AVAILABLE DATA:
============

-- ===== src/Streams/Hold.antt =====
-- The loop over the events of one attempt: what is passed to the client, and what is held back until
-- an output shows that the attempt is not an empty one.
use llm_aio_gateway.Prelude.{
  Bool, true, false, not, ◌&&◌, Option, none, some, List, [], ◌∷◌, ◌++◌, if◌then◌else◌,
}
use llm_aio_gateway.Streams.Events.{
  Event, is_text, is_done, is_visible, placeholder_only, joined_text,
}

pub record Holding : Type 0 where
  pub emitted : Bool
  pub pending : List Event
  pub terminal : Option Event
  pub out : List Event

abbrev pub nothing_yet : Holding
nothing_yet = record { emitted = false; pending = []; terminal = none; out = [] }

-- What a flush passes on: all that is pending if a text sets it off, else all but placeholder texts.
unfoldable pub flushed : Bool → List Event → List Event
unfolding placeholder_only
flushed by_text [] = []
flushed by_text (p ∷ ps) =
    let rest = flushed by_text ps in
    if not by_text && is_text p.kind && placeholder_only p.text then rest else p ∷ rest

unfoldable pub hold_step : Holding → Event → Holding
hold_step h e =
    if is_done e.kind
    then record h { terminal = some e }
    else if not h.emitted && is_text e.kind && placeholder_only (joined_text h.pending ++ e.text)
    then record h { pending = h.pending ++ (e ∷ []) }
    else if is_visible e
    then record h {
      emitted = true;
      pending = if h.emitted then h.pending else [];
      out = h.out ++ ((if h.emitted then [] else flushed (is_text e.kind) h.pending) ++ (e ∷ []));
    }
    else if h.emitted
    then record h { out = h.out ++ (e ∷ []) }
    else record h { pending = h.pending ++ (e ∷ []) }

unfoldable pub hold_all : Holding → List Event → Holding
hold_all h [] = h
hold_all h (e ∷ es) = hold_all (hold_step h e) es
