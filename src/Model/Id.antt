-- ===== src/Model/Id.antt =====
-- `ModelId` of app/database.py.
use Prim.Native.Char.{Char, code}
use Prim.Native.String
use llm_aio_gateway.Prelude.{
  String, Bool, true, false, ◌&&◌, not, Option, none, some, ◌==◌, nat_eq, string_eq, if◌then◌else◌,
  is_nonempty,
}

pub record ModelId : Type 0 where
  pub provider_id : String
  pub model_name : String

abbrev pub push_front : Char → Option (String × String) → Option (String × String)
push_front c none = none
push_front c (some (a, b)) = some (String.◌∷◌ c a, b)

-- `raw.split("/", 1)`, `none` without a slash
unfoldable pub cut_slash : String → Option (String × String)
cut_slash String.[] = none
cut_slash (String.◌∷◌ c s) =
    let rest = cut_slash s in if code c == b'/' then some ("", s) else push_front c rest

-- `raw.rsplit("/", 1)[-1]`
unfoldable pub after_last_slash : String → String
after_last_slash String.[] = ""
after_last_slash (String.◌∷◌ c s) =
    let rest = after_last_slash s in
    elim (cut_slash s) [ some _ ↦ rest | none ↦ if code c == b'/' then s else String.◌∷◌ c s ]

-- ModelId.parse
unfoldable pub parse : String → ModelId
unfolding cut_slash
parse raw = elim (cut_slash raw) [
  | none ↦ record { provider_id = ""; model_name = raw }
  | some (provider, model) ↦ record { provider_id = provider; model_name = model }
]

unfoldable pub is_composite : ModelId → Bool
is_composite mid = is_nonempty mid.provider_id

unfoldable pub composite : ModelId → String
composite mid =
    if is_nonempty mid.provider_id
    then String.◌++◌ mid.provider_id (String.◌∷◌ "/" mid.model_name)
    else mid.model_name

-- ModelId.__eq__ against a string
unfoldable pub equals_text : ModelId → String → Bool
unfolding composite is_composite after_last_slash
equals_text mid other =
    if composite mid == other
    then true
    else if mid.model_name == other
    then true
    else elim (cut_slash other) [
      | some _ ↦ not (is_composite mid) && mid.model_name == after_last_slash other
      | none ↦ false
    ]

============

INSTRUCTIONS FOR THE TASK: Retype only the lines above between the line with "out = h.out ++ ((if" and the line with "pub provider_id : String", counting those two lines as well, and keep every character as it is.

REPLY TO THE TASK:
      out = h.out ++ ((if h.emitted then [] else flushed (is_text e.kind) h.pending) ++ (e ∷ []));
    }
    else if h.emitted
    then record h { out = h.out ++ (e ∷ []) }
    else record h { pending = h.pending ++ (e ∷ []) }

unfoldable pub hold_all : Holding → List Event → Holding
hold_all h [] = h
hold_all h (e ∷ es) = hold_all (hold_step h e) es
filename src/Model/Id.antt
-- ===== src/Model/Id.antt =====
-- `ModelId` of app/database.py.
use Prim.Native.Char.{Char, code}
use Prim.Native.String
use llm_aio_gateway.Prelude.{
  String, Bool, true, false, ◌&&◌, not, Option, none, some, ◌==◌, nat_eq, string_eq, if◌then◌else◌,
  is_nonempty,
}

pub record ModelId : Type 0 where
  pub provider_id : String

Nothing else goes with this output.